When working on > working in
As founders transition to being CEOs, they must learn to work on the company instead of in the company. They shift focus to looking at the company as a machine, determining the inputs necessary for desired outputs.
Andrew Wilkinson writes in Lazy Leadership:
I now think of my companies as machines. I determine the result that I want, design a machine that will produce the result, then figure out what sort of people I need as part of it. If I’m part of the machine, I think about my strengths and weaknesses, and if necessary replace myself with someone better suited to the role.
Founders should also be working on themselves and on their relationships. Too many founders lose themselves in thoughts and emotions and suffer from unproductive conflict in their relationships. Too few understand that improving the systems that govern their inner world and their most important relationships yields greater returns than addressing tactical problems in the business.
How many founders actually understand their personal operating system? How many observe their minds, know their triggers and set aside time for reflection? Most are running non-stop towards product-market fit or the next revenue milestone.
Founder-CEOs don’t have managers, which begs the question: who looks out for their development? A founder’s job is not only incredibly lonely, but also incredibly stressful and busy. Information, fires, problems, people…where does a founder take that burden?
I vividly remember asking a founder-CEO how he was coping with stress.
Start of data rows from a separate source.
-- ===== src/TieBreak.antt =====
-- server/src/analytics/tieBreakers.js: the tie-break rules, what a rule leaves of the tied
-- candidates, and which rule chains are valid. `SHARED` is a terminator, not a rule with a value.
pub mod Laws
use Prim.Native.String.{String}
use fpl_radar.Prelude.{
  ℕ, ◌≡◌, Bool, true, false, ◌&&◌, not, Option, none, some, List, [], ◌∷◌, if◌then◌else◌, length,
  keep, every, any, ◌==◌,
}
use fpl_radar.Prelude.Int.{ℤ, pos, negate, eq_ℤ, ltb_ℤ}

-- A row of the table: `null` data is `none`. Of the chip, `undefined` is `none` and `null` is
-- `some none`.
pub record TieBreakRow : Type 0 where
  pub entry_id : ℕ
  pub score : ℤ
  pub gross_gw_points : Option ℤ
  pub transfer_cost : Option ℤ
  pub captain_points : Option ℤ
  pub points_on_bench : Option ℤ
  pub active_chip : Option (Option String)
  pub total_points : Option ℤ
  pub overall_rank : Option ℤ

-- The keys of `RULES`.
pub data Key : Type 0 where
  fewer_transfer_cost higher_gross_points higher_captain_points fewer_points_on_bench : Key
  no_chip_played higher_season_total better_overall_rank : Key

-- An element of a group's chain.
pub data Rule : Type 0 where
  by : Key → Rule
  shared : Rule

pub Key-discrete : Discrete Key
Key-discrete = hlevel

abbrev map_value : (ℤ → ℤ) → Option ℤ → Option ℤ
map_value f none = none
map_value f (some n) = some (f n)

abbrev chip_value : Option (Option String) → Option ℤ
chip_value none = none
chip_value (some none) = some (pos 1)
chip_value (some (some c)) = some (pos 0)

-- `RULES[rule](row)`: higher wins, `none` where the data is missing.
unfoldable pub tie_break_value : Key → TieBreakRow → Option ℤ
tie_break_value fewer_transfer_cost r = map_value negate r.transfer_cost
tie_break_value higher_gross_points r = r.gross_gw_points
tie_break_value higher_captain_points r = r.captain_points
tie_break_value fewer_points_on_bench r = map_value negate r.points_on_bench
tie_break_value no_chip_played r = chip_value r.active_chip
tie_break_value higher_season_total r = r.total_points
tie_break_value better_overall_rank r = map_value negate r.overall_rank

abbrev is_some {ℓ} : {A : Type ℓ} → Option A → Bool
is_some none = false
is_some (some a) = true

abbrev pub number_or_zero : Option ℤ → ℤ
number_or_zero none = pos 0
number_or_zero (some n) = n

-- The value as a number, for rows that have one.
unfoldable pub rule_number : Key → TieBreakRow → ℤ
rule_number k r = number_or_zero (tie_break_value k r)

unfoldable pub has_data : Key → List TieBreakRow → Bool
has_data k rows = every (λ r. is_some (tie_break_value k r)) rows

-- `Math.max(...)`, over the candidates after the first.
max_from : ℤ → List ℤ → ℤ
max_from m [] = m
max_from m (n ∷ ns) = max_from (if ltb_ℤ m n then n else m) ns

rule_numbers : Key → List TieBreakRow → List ℤ
rule_numbers k [] = []
rule_numbers k (r ∷ rs) = rule_number k r ∷ rule_numbers k rs

unfoldable pub best_number : Key → List TieBreakRow → ℤ
unfolding max_from rule_numbers
best_number k [] = pos 0
best_number k (r ∷ rs) = max_from (rule_number k r) (rule_numbers k rs)

-- `TIE_BREAKERS[rule](candidates)`
unfoldable pub tie_breakers : Key → List TieBreakRow → List TieBreakRow
unfolding best_number
tie_breakers k cs =
    if has_data k cs then keep (λ c. eq_ℤ (rule_number k c) (best_number k cs)) cs else cs

-- One test for equality of chain elements, by their place in `TIE_BREAK_RULES`.
abbrev key_index : Key → ℕ
key_index fewer_transfer_cost = 0
key_index higher_gross_points = 1
key_index higher_captain_points = 2
key_index fewer_points_on_bench = 3
key_index no_chip_played = 4
key_index higher_season_total = 5
key_index better_overall_rank = 6

abbrev rule_index : Rule → ℕ
rule_index (by k) = key_index k
rule_index shared = 7

abbrev same_rule : Rule → Rule → Bool
same_rule a b = rule_index a == rule_index b

abbrev pub is_shared : Rule → Bool
is_shared (by k) = false
is_shared shared = true

abbrev pub tie_break_rules : List Rule
tie_break_rules =
    by fewer_transfer_cost
    ∷ by higher_gross_points
    ∷ by higher_captain_points
    ∷ by fewer_points_on_bench
    ∷ by no_chip_played
    ∷ by higher_season_total
    ∷ by better_overall_rank
    ∷ shared
    ∷ []

abbrev confirmed_tie_break_rules : List Rule
confirmed_tie_break_rules =
    by fewer_transfer_cost
    ∷ by higher_season_total
    ∷ by higher_captain_points
    ∷ by no_chip_played
    ∷ shared
    ∷ []

abbrev pub default_tie_break_rules : List Rule
default_tie_break_rules = by fewer_transfer_cost ∷ by higher_season_total ∷ shared ∷ []

-- `rules.at(-1) === SHARED`; false for the empty chain.
abbrev ends_shared : List Rule → Bool
ends_shared [] = false
ends_shared (r ∷ []) = is_shared r
ends_shared (r ∷ s ∷ rs) = ends_shared (s ∷ rs)

-- `rules.every((r, i) => allowed.includes(r) && (r === SHARED ? i === rules.length - 1 : true))`
abbrev pub each_allowed : List Rule → List Rule → Bool
each_allowed allowed [] = true
each_allowed allowed (r ∷ rs) =
    any (same_rule r) allowed
    && (if is_shared r then length rs == 0 else true)
    && each_allowed allowed rs

-- `new Set(rules).size === rules.length`
abbrev distinct_rules : List Rule → Bool
distinct_rules [] = true
distinct_rules (r ∷ rs) = not (any (same_rule r) rs) && distinct_rules rs

unfoldable pub is_valid_rule_chain : List Rule → List Rule → Bool
is_valid_rule_chain rules allowed =
    ends_shared rules && each_allowed allowed rules && distinct_rules rules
His co-founder had recently left the company, and this person had been asked to become CEO (he was previously CTO). He got very quiet and said, “I don’t really get stressed” with a sadness in his voice that I can still hear.
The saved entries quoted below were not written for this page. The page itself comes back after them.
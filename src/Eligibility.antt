-- ===== src/Eligibility.antt =====
-- server/src/analytics/eligibility.js: who takes part in a gameweek, and why the others do not.
pub mod Laws
use fpl_radar.Prelude.{
  ℕ, Bool, true, false, ◌&&◌, not, Option, none, some, List, [], ◌∷◌, if◌then◌else◌, leb, ltb,
}
use fpl_radar.Prelude.Sort.{sort_by}

pub data IneligibleReason : Type 0 where
  excluded joined_later no_team : IneligibleReason

-- `isExcluded` and `synced` are false where the source has `undefined`.
pub record Member : Type 0 where
  pub entry_id : ℕ
  pub is_excluded : Bool
  pub joined_event : Option ℕ
  pub synced : Bool

abbrev joins_after : Option ℕ → ℕ → Bool
joins_after none event = false
joins_after (some j) event = ltb event j

-- The ladder of tests for one member; `has_row` is `gwRows.has`.
unfoldable pub reason_of : (ℕ → Bool) → ℕ → Member → Option IneligibleReason
reason_of has_row event m =
    if m.is_excluded
    then some excluded
    else if joins_after m.joined_event event
    then some joined_later
    else if m.synced && not (has_row m.entry_id)
    then some no_team
    else none

pub record Selection : Type 0 where
  pub eligible : List ℕ
  pub ineligible : List (ℕ × IneligibleReason)

abbrev add_member : Option IneligibleReason → ℕ → Selection → Selection
add_member (some r) id s = record s { ineligible = (id, r) ∷ s.ineligible }
add_member none id s = record s { eligible = id ∷ s.eligible }

select_members : (ℕ → Bool) → ℕ → List Member → Selection
unfolding reason_of
select_members has_row event [] = record { eligible = []; ineligible = [] }
select_members has_row event (m ∷ ms) =
    add_member (reason_of has_row event m) m.entry_id (select_members has_row event ms)

abbrev pub by_member_id : Member → Member → Bool
by_member_id a b = leb a.entry_id b.entry_id

unfoldable pub select_eligible : List Member → (ℕ → Bool) → ℕ → Selection
unfolding select_members
select_eligible members has_row event = select_members has_row event (sort_by by_member_id members)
Numbness isn’t the absence of feelings; it’s actually being so overwhelmed by them that you shut down. And when this happens, you can’t do it selectively. You stop experiencing the full range of emotions—including happiness and admiration and the ability to enjoy life. That’s a terrible shame.
That’s why I believe it’s so important for founders to constantly examine and tweak their personal OS and interpersonal OS. Otherwise, things that worked in the past might actually cause harm when you least expect it.